= Beginning of Section =
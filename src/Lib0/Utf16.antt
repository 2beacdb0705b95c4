-- ===== src/Lib0/Utf16.antt =====
-- UTF16Length of internal/crdt/lib0/lib0.go and splitUTF16 of internal/crdt/content.go. A string
-- is its bytes; ranging over it decodes UTF-8, and a byte that starts no rune counts as U+FFFD.
pub mod Split
pub mod Head
use crdt_server.Base.{
  ℕ, zero, suc, ◌+◌, ◌-◌, ◌*◌, ◌%◌, List, [], ◌∷◌, ◌++◌, Bool, ◌&&◌, Option, none, some, ltb, leb,
  ◌==◌, if◌then◌else◌, is_positive,
}

-- A rune and its width in bytes.
pub record Rune : Type 0 where
  pub value : ℕ
  pub width : ℕ

abbrev rune : ℕ → ℕ → Rune
rune value width = record { value = value; width = width }

abbrev rune_error : Rune
rune_error = rune 0xFFFD 1

between : ℕ → ℕ → ℕ → Bool
between lo hi b = leb lo b && leb b hi

-- The second byte of a rune of three and of four bytes has a range of its own after some first
-- bytes (no overlong forms, no surrogates, nothing above U+10FFFF).
second_of_three : ℕ → ℕ → Bool
unfolding between
second_of_three b c =
    if b == 0xE0
    then between 0xA0 0xBF c
    else if b == 0xED
    then between 0x80 0x9F c
    else between 0x80 0xBF c

second_of_four : ℕ → ℕ → Bool
unfolding between
second_of_four b c =
    if b == 0xF0
    then between 0x90 0xBF c
    else if b == 0xF4
    then between 0x80 0x8F c
    else between 0x80 0xBF c

two_bytes : ℕ → List ℕ → Rune
unfolding between
two_bytes b (c ∷ _) = if between 0x80 0xBF c then rune (b % 32 * 64 + c % 64) 2 else rune_error
two_bytes b [] = rune_error

three_bytes : ℕ → List ℕ → Rune
unfolding between second_of_three
three_bytes b (c ∷ d ∷ _) =
    if second_of_three b c && between 0x80 0xBF d
    then rune (b % 16 * 4096 + c % 64 * 64 + d % 64) 3
    else rune_error
three_bytes b _ = rune_error

four_bytes : ℕ → List ℕ → Rune
unfolding between second_of_four
four_bytes b (c ∷ d ∷ f ∷ _) =
    if second_of_four b c && between 0x80 0xBF d && between 0x80 0xBF f
    then rune (b % 8 * 262144 + c % 64 * 4096 + d % 64 * 64 + f % 64) 4
    else rune_error
four_bytes b _ = rune_error

-- The rune that starts with the byte `b`.
unfoldable pub decode_rune : ℕ → List ℕ → Rune
unfolding two_bytes three_bytes four_bytes
decode_rune b rest =
    if ltb b 0x80
    then rune b 1
    else if between 0xC2 0xDF b
    then two_bytes b rest
    else if between 0xE0 0xEF b
    then three_bytes b rest
    else if between 0xF0 0xF4 b
    then four_bytes b rest
    else rune_error

-- `if r > 0xFFFF { n += 2 } else { n++ }`
unfoldable pub units : Rune → ℕ
units r = if ltb 0xFFFF r.value then 2 else 1

-- `skip` bytes of the current rune are still to be passed.
unfoldable pub count_units : ℕ → List ℕ → ℕ
unfolding units
count_units skip [] = 0
count_units zero (b ∷ bs) = units (decode_rune b bs) + count_units ((decode_rune b bs).width - 1) bs
count_units (suc skip) (b ∷ bs) = count_units skip bs

unfoldable pub utf16_length : List ℕ → ℕ
unfolding count_units
utf16_length s = count_units 0 s

-- The loop of splitUTF16; `front` is s[:i].
unfoldable pub split_loop : ℕ → ℕ → ℕ → List ℕ → List ℕ → Option (List ℕ × List ℕ)
unfolding units
split_loop skip seen n front [] = if seen == n then some (front, []) else none
split_loop zero seen n front (b ∷ bs) =
    let seen' = seen + units (decode_rune b bs) in
    let more = split_loop ((decode_rune b bs).width - 1) seen' n (front ++ (b ∷ [])) bs in
    if seen == n then some (front, b ∷ bs) else if ltb n seen' then none else more
split_loop (suc skip) seen n front (b ∷ bs) = split_loop skip seen n (front ++ (b ∷ [])) bs

-- `none` stands for the result false.
unfoldable pub split_utf16 : List ℕ → ℕ → Option (List ℕ × List ℕ)
unfolding split_loop
split_utf16 s n = if is_positive n then split_loop 0 0 n [] s else some ([], s)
= End of Section =
**WHAT THE TASK ASKS**. Show the lines in the entries above that include the string "antt".

**ANSWER TO THIS EXERCISE**.
filename src/Lib0/Utf16.antt
-- ===== src/Lib0/Utf16.antt =====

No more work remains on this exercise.